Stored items
^^^^^^^^
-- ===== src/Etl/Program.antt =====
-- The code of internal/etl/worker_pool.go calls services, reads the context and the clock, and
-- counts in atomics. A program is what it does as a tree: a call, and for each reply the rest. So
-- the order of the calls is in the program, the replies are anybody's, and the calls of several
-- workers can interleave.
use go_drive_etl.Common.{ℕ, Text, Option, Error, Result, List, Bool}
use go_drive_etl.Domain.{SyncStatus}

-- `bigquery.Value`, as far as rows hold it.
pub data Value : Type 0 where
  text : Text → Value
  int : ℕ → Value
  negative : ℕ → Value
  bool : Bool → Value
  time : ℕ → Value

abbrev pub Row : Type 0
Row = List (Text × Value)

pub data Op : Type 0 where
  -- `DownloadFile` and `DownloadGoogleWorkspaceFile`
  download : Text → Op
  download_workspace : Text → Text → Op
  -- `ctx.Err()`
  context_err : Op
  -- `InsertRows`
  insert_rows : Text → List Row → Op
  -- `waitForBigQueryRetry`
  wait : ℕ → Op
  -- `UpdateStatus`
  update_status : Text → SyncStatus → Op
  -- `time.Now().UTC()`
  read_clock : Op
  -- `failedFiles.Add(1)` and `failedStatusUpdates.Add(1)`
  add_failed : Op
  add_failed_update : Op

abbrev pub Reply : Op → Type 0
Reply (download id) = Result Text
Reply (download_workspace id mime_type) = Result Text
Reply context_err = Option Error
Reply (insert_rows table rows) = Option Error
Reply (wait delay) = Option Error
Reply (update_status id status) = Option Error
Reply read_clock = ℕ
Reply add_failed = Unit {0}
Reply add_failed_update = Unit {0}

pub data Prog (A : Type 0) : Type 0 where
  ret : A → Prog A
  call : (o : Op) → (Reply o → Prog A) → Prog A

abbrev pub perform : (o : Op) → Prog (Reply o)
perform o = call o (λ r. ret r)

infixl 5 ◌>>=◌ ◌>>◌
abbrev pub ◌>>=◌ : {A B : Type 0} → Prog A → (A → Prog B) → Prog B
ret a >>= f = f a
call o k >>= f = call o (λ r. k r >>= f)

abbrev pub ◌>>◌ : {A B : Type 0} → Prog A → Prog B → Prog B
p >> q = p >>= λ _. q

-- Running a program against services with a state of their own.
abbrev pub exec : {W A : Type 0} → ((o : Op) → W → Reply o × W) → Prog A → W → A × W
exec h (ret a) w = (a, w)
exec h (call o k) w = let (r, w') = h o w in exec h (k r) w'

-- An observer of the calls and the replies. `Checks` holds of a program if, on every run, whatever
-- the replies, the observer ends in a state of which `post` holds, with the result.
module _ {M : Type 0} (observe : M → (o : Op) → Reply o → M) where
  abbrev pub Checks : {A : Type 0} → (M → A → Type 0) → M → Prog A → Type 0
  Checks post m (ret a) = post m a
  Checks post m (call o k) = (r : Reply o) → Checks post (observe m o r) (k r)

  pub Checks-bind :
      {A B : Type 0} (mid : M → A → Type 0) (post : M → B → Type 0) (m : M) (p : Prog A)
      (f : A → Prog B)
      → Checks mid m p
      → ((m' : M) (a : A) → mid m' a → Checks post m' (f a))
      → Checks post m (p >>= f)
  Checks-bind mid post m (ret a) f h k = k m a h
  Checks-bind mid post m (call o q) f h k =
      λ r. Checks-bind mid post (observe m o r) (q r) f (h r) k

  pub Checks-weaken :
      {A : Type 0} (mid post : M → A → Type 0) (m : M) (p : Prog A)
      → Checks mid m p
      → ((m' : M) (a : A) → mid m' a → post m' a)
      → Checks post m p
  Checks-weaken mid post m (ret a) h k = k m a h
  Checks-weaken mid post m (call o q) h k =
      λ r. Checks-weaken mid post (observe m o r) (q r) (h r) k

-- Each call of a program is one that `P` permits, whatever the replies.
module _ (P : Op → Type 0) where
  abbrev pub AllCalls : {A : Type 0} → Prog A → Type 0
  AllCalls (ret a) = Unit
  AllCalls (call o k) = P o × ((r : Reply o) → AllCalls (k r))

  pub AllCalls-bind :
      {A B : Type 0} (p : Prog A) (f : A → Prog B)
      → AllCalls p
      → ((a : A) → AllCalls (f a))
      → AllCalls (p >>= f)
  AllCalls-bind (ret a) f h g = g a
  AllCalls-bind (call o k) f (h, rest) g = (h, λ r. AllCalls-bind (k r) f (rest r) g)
^^^^^^^^
### DESCRIPTION OF THE TASK:
Write out each line above that contains the word "abbrev".

### EXERCISE RESPONSE:
abbrev pub Row : Type 0
abbrev pub Reply : Op → Type 0
abbrev pub perform : (o : Op) → Prog (Reply o)
abbrev pub ◌>>=◌ : {A B : Type 0} → Prog A → (A → Prog B) → Prog B
abbrev pub ◌>>◌ : {A B : Type 0} → Prog A → Prog B → Prog B
abbrev pub exec : {W A : Type 0} → ((o : Op) → W → Reply o × W) → Prog A → W → A × W
  abbrev pub Checks : {A : Type 0} → (M → A → Type 0) → M → Prog A → Type 0
  abbrev pub AllCalls : {A : Type 0} → Prog A → Type 0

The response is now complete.